### THE PROBLEM
From the entries below, return only the lines starting at the one that contains "probe_index = probe_index;" and ending at the one that contains "sequence = sequence;", exactly as they stand.

Stored data entries:
########

-- ===== src/Firmware/FenceTests.antt =====
-- A result at a node whose queue has two events left of the run.
use esp_now_harness.Common.{
  ◌++◌, ap, sym, ◌∙◌, ℕ, zero, suc, ◌≤◌, ◌<◌, ◌≡◌, refl, Bool, true, false, List, [], ◌∷◌, arith,
  ltb, take,
}
use esp_now_harness.Metrics.{metrics_reset}
use esp_now_harness.Metrics.Report.{Report, metrics_json}
use esp_now_harness.Runtime.{System}
use esp_now_harness.Radio.{radio_wait_idle, take_slots, give_slots}
use esp_now_harness.Generator.Stop.{stopped_before, generator_wait_stopped}
use esp_now_harness.Receiver.{Event, ev_rx, ev_tx_ok, ev_tx_fail, ev_drop, ev_barrier}
use esp_now_harness.Receiver.Queue.{receiver_flush}
use esp_now_harness.Receiver.Fence.{barriers}
use esp_now_harness.Receiver.QueueTests.{
  Post, office, post_office, office_Fifo, put_if, room, wake_if, wake, work, given, busy,
}
use esp_now_harness.Control.Dispatch.{
  result_body, result, when_drained, stopped_and_drained, drain_measurement_events, wait_idle_ok,
  send_result,
}
use esp_now_harness.Firmware.{services}
use esp_now_harness.Firmware.Tests.{willing, rest, no_items, scan, percent}
use esp_now_harness.Firmware.Fenced.{Handles, Fences, Drained, result_fenced}

put_if_handled : (b : Bool) (e : Event) (w : Post) → w.handled ≤ (put_if b e w).1.handled
put_if_handled true e w = omega arith
put_if_handled false e w = omega arith

wake_if_handled : (b : Bool) (w : Post) → w.handled ≤ (wake_if b w).1.handled
unfolding wake_if
wake_if_handled true w = omega arith
wake_if_handled false w = omega arith

few_barriers : (n : ℕ) (es : List Event) → barriers (take n es) ≤ barriers es
unfolding barriers
few_barriers zero es = omega arith
few_barriers (suc n) [] = omega arith
few_barriers (suc n) (ev_barrier ∷ es) = omega (arith, few_barriers n es)
few_barriers (suc n) (ev_rx a b c ∷ es) = few_barriers n es
few_barriers (suc n) (ev_tx_ok ∷ es) = few_barriers n es
few_barriers (suc n) (ev_tx_fail ∷ es) = few_barriers n es
few_barriers (suc n) (ev_drop ∷ es) = few_barriers n es

wake_if_balanced :
    (b : Bool) (w : Post)
    → ltb w.taken (given w) ≡ b
    → w.taken ≡ barriers w.accepted
    → (wake_if b w).1.taken ≡ barriers (wake_if b w).1.accepted
unfolding wake_if given
wake_if_balanced true w h k = absurd (ground (arith, h, few_barriers w.handled w.accepted, k))
wake_if_balanced false w h k = k

barriers_after : (es : List Event) → barriers (es ++ (ev_barrier ∷ [])) ≡ suc (barriers es)
unfolding barriers
barriers_after [] = refl
barriers_after (ev_barrier ∷ es) = ap (λ n. suc n) (barriers_after es)
barriers_after (ev_rx a b c ∷ es) = barriers_after es
barriers_after (ev_tx_ok ∷ es) = barriers_after es
barriers_after (ev_tx_fail ∷ es) = barriers_after es
barriers_after (ev_drop ∷ es) = barriers_after es

put_if_opens :
    (b : Bool) (w : Post)
    → w.taken ≡ barriers w.accepted
    → (put_if b ev_barrier w).0 ≡ true
    → suc (put_if b ev_barrier w).1.taken ≡ barriers (put_if b ev_barrier w).1.accepted
put_if_opens true w h e = ap (λ n. suc n) h ∙ sym (barriers_after w.accepted)
put_if_opens false w h e = cc

wake_if_closes :
    (b : Bool) (w : Post)
    → ltb w.taken (given w) ≡ b
    → suc w.taken ≡ barriers w.accepted
    → (wake_if b w).0 ≡ true
    → (wake_if b w).1.taken ≡ barriers (wake_if b w).1.accepted
unfolding wake_if given
wake_if_closes true w l h e =
    let some_given : w.taken < given w = ground (arith, l) in
    omega (arith, h, some_given, few_barriers w.handled w.accepted)
wake_if_closes false w l h e = cc

wakes-Handles : (s : System Post) → Handles office_Fifo s (office.notify_take 2000 s).1
unfolding office_Fifo wake
wakes-Handles s =
    let w = s.world in omega (arith, wake_if_handled (ltb w.taken (given (work w))) (work w))

office_Fences : Fences office_Fifo
unfolding office_Fifo wake
office_Fences = record {
  handles = record {
    take_within = λ ms. record { at = λ s. omega arith };
    give_within = record { at = λ s. omega arith };
    time_within = record { at = λ s. omega arith };
    send_within = λ mac bytes. record { at = λ s. omega arith };
    delay_within = λ ticks. record { at = λ s. omega arith };
    delay_us_within = λ us. record { at = λ s. omega arith };
    yield_within = record { at = λ s. omega arith };
    tick_within = record { at = λ s. omega arith };
    notify_within = λ ms. record { at = wakes-Handles };
  };
  send_handles = λ e ms. record { at = λ s. put_if_handled (room s.world) e s.world };
  balances = record {
    take_within = λ ms. record { at = λ s h. h };
    give_within = record { at = λ s h. h };
    time_within = record { at = λ s h. h };
    send_within = λ mac bytes. record { at = λ s h. h };
    delay_within = λ ticks. record { at = λ s h. h };
    delay_us_within = λ us. record { at = λ s h. h };
    yield_within = record { at = λ s h. h };
    tick_within = record { at = λ s h. h };
    notify_within = λ ms. record { at = λ s h. wake_if_balanced _ (work s.world) refl h };
  };
  post_opens = λ ms s h e. put_if_opens (room s.world) s.world h e;
  take_closes = λ ms s h e. wake_if_closes _ (work s.world) refl h e;
}

abbrev report : Report
report = (metrics_json percent busy.node.config metrics_reset).1

result_replies :
    (result (services office willing post_office rest 20 2000) no_items scan percent busy).0
    ≡ result_body report
unfolding result when_drained stopped_and_drained drain_measurement_events wait_idle_ok send_result
    stopped_before generator_wait_stopped receiver_flush radio_wait_idle take_slots give_slots wake
    wake_if given barriers
result_replies = refl

result_fenced_example :
    let u = (generator_wait_stopped office 2000 2000 busy).1 in
    let t =
      (result (services office willing post_office rest 20 2000) no_items scan percent busy).1 in
    (u.node.handle ≡ false) × Drained office_Fifo u t.world
unfolding office_Fifo barriers
result_fenced_example =
    result_fenced office willing post_office rest 20 2000 no_items scan percent office_Fifo
      office_Fences report busy refl result_replies
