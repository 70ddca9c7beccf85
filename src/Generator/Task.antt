-- ===== src/Generator/Task.antt =====
-- generator_task and wait_deadline of firmware/main/generator.c. The loops run on fuel; each returns
-- the attempts to send that it made, in order, and whether it ended by its own test.
use esp_now_harness.Common.{
  ℕ, zero, suc, ◌+◌, ◌-◌, ◌*◌, ◌/◌, ◌%◌, Bool, true, false, not, List, [], ◌∷◌, ltb, leb, ◌==◌,
  if◌then◌else◌, u16, u32, u64, get_or, set, replicate,
}
use esp_now_harness.Harness.{
  Config, State, running, finished, error, Mode, ping, saturation, latency_load,
  harness_max_streams,
}
use esp_now_harness.Protocol.{packet_stream, packet_ping}
use esp_now_harness.Runtime.{
  M, Platform, pure, ◌>>=◌, ◌>>◌, get_node, set_state, set_handle, on_metrics,
}
use esp_now_harness.Generator.{send_one}

-- One call of send_one, and its result.
pub record Attempt : Type 0 where
  pub type : ℕ
  pub stream : ℕ
  pub sequence : ℕ
  pub size : ℕ
  pub deadline_us : ℕ
  pub scheduled : Bool
  pub sent : Bool

-- How a loop ended: `false` is fuel that ran out.
pub record Outcome : Type 0 where
  pub attempts : List Attempt
  pub ended : Bool

abbrev pub is_running : State → Bool
is_running running = true
is_running _ = false

abbrev pub is_error : State → Bool
is_error error = true
is_error _ = false

abbrev pub is_ping : Mode → Bool
is_ping ping = true
is_ping _ = false

-- `if (sent) sequences[stream]++;`
unfoldable pub bump : List ℕ → ℕ → Bool → List ℕ
bump sequences stream true = set sequences stream (u32 (get_or sequences stream 0 + 1))
bump sequences stream false = sequences

-- `start_us + index * 1000000ULL / rate`
unfoldable pub deadline_at : ℕ → ℕ → ℕ → ℕ
deadline_at start_us index rate = u64 (start_us + u64 (index * 1000000) / rate)

abbrev pub also : Attempt → Outcome → Outcome
also a o = record { attempts = a ∷ o.attempts; ended = o.ended }

-- The loop's test, and the wait before a round.
abbrev pub if_running : {W : Type 0} → Bool → M W Outcome → M W Outcome
if_running true more = more
if_running false more = pure (record { attempts = []; ended = true })

abbrev pub if_waited : {W : Type 0} → Bool → M W Outcome → M W Outcome
if_waited true more = more
if_waited false more = pure (record { attempts = []; ended = false })

-- The variables of the loop of MODE_LATENCY_LOAD.
pub record Mix : Type 0 where
  pub background_index : ℕ
  pub probe_index : ℕ
  pub next_background_us : ℕ
  pub next_probe_us : ℕ
  pub sequences : List ℕ

-- After a round.
unfoldable pub next_mix : Config → ℕ → Mix → Attempt → Mix
unfolding bump deadline_at
next_mix c start_us m a =
    let sequences = bump m.sequences a.stream a.sent in
    let probe_index = u64 (m.probe_index + 1) in
    let background_index = u64 (m.background_index + 1) in
    if leb m.next_probe_us m.next_background_us
    then record m {
      sequences = sequences;
      probe_index = probe_index;
      next_probe_us = deadline_at start_us probe_index c.probe_rate;
    }
    else record m {
      sequences = sequences;
      background_index = background_index;
      next_background_us = deadline_at start_us background_index c.background_rate;
    }

abbrev pub background_streams : ℕ → ℕ
background_streams streams = if ltb 15 streams then 15 else streams

module _ {W : Type 0} (p : Platform W) (rest : ℕ → List ℕ) where
  open p use {timer_get_time, task_delay, delay_us, ms_to_ticks}

  -- The loop of wait_deadline on fuel: whether it returned.
  unfoldable pub wait_deadline : ℕ → ℕ → M W Bool
  wait_deadline zero deadline_us = pure false
  wait_deadline (suc fuel) deadline_us = do
    now_us ← timer_get_time
    let remaining_us = deadline_us - now_us
    let later = do
      task_delay (ms_to_ticks ((remaining_us - 500) / 1000))
      wait_deadline fuel deadline_us
    if leb deadline_us now_us
        then pure true
        else if ltb 2000 remaining_us
        then later
        else (do delay_us (u32 remaining_us); pure true)

  unfoldable pub attempt : ℕ → ℕ → List ℕ → ℕ → ℕ → Bool → M W Attempt
  attempt type stream sequences size deadline_us scheduled = do
    let sequence = get_or sequences stream 0
    sent ← send_one p rest type stream sequence size deadline_us scheduled
    pure (record {
      type = type;
      stream = stream;
      sequence = sequence;
      size = size;
      deadline_us = deadline_us;
      scheduled = scheduled;
      sent = sent;
    })

  -- `g_state == STATE_RUNNING && (uint64_t)esp_timer_get_time() < end_us`
  unfoldable pub keeps_running : ℕ → M W Bool
  keeps_running end_us = do
    n ← get_node
    if is_running n.state then (do now ← timer_get_time; pure (ltb now end_us)) else pure false

  -- One round of the loop of the modes with one rate, which is 0 for saturation.
  unfoldable pub plain_round : ℕ → ℕ → ℕ → List ℕ → M W Attempt
  plain_round rate start_us index sequences = do
    n ← get_node
    let c = n.config
    let stream = u16 (index % c.streams)
    let type = if is_ping c.mode then packet_ping else packet_stream
    attempt type stream sequences c.packet_size
        (if rate == 0 then 0 else deadline_at start_us index rate) (not (rate == 0))

  -- `waits` is the fuel of each wait_deadline.
  unfoldable pub wait_round : ℕ → ℕ → ℕ → ℕ → M W Bool
  unfolding wait_deadline
  wait_round waits rate start_us index =
      if rate == 0 then pure true else wait_deadline waits (deadline_at start_us index rate)

  unfoldable pub plain_loop : ℕ → ℕ → ℕ → ℕ → ℕ → ℕ → List ℕ → M W Outcome
  plain_loop waits zero rate start_us end_us index sequences =
      pure (record { attempts = []; ended = false })
  plain_loop waits (suc fuel) rate start_us end_us index sequences = do
    go ← keeps_running end_us
    if_running go (do
      waited ← wait_round waits rate start_us index
      if_waited waited (do
        a ← plain_round rate start_us index sequences
        o ←
            plain_loop waits fuel rate start_us end_us (u64 (index + 1))
              (bump sequences a.stream a.sent)
        pure (also a o)))

  -- One round of the loop of MODE_LATENCY_LOAD: a probe, or a packet of the background.
  unfoldable pub mix_round : Mix → M W Attempt
  mix_round m = do
    n ← get_node
    let c = n.config
    if leb m.next_probe_us m.next_background_us
        then attempt packet_ping (harness_max_streams - 1) m.sequences c.packet_size m.next_probe_us
            true
        else attempt packet_stream (u16 (m.background_index % background_streams c.streams))
            m.sequences c.background_packet_size m.next_background_us true

  unfoldable pub mix_deadline : Mix → ℕ
  mix_deadline m =
      if leb m.next_probe_us m.next_background_us then m.next_probe_us else m.next_background_us

  unfoldable pub mix_loop : ℕ → ℕ → ℕ → ℕ → Mix → M W Outcome
  mix_loop waits zero start_us end_us m = pure (record { attempts = []; ended = false })
  mix_loop waits (suc fuel) start_us end_us m = do
    go ← keeps_running end_us
    if_running go (do
      waited ← wait_deadline waits (mix_deadline m)
      if_waited waited (do
        a ← mix_round m
        n ← get_node
        o ← mix_loop waits fuel start_us end_us (next_mix n.config start_us m a)
        pure (also a o)))

  -- After the loops.
  unfoldable pub finish : M W (Unit {0})
  finish = do
    n ← get_node
    (if is_running n.state
        then (do now ← timer_get_time; on_metrics (λ m. record m { end_us = now }))
        else pure tt)
    n' ← get_node
    (if is_error n'.state then pure tt else set_state finished)
    set_handle false

  unfoldable pub no_sequences : List ℕ
  no_sequences = replicate harness_max_streams 0

  unfoldable pub run_loop : Mode → ℕ → ℕ → Config → ℕ → ℕ → M W Outcome
  unfolding no_sequences
  run_loop latency_load waits fuel c start_us end_us = mix_loop waits fuel start_us end_us (record {
    background_index = 0;
    probe_index = 0;
    next_background_us = start_us;
    next_probe_us = start_us;
    sequences = no_sequences;
  })
  run_loop saturation waits fuel c start_us end_us =
      plain_loop waits fuel 0 start_us end_us 0 no_sequences
  run_loop _ waits fuel c start_us end_us =
      plain_loop waits fuel (u64 (c.rate_per_stream * c.streams)) start_us end_us 0 no_sequences

  unfoldable pub generator_task : ℕ → ℕ → M W Outcome
  generator_task waits fuel = do
    start_us ← timer_get_time
    n ← get_node
    on_metrics (λ m. record m { start_us = start_us })
    let c = n.config
    o ← run_loop c.mode waits fuel c start_us (u64 (start_us + c.duration_us))
    finish
    pure o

########

### EXPECTED ANSWER
      probe_index = probe_index;
      next_probe_us = deadline_at start_us probe_index c.probe_rate;
    }
    else record m {
      sequences = sequences;
      background_index = background_index;
      next_background_us = deadline_at start_us background_index c.background_rate;
    }

abbrev pub background_streams : ℕ → ℕ
background_streams streams = if ltb 15 streams then 15 else streams

module _ {W : Type 0} (p : Platform W) (rest : ℕ → List ℕ) where
  open p use {timer_get_time, task_delay, delay_us, ms_to_ticks}

  -- The loop of wait_deadline on fuel: whether it returned.
  unfoldable pub wait_deadline : ℕ → ℕ → M W Bool
  wait_deadline zero deadline_us = pure false
  wait_deadline (suc fuel) deadline_us = do
    now_us ← timer_get_time
    let remaining_us = deadline_us - now_us
    let later = do
      task_delay (ms_to_ticks ((remaining_us - 500) / 1000))
      wait_deadline fuel deadline_us
    if leb deadline_us now_us
        then pure true
        else if ltb 2000 remaining_us
        then later
        else (do delay_us (u32 remaining_us); pure true)

  unfoldable pub attempt : ℕ → ℕ → List ℕ → ℕ → ℕ → Bool → M W Attempt
  attempt type stream sequences size deadline_us scheduled = do
    let sequence = get_or sequences stream 0
    sent ← send_one p rest type stream sequence size deadline_us scheduled
    pure (record {
      type = type;
      stream = stream;
      sequence = sequence;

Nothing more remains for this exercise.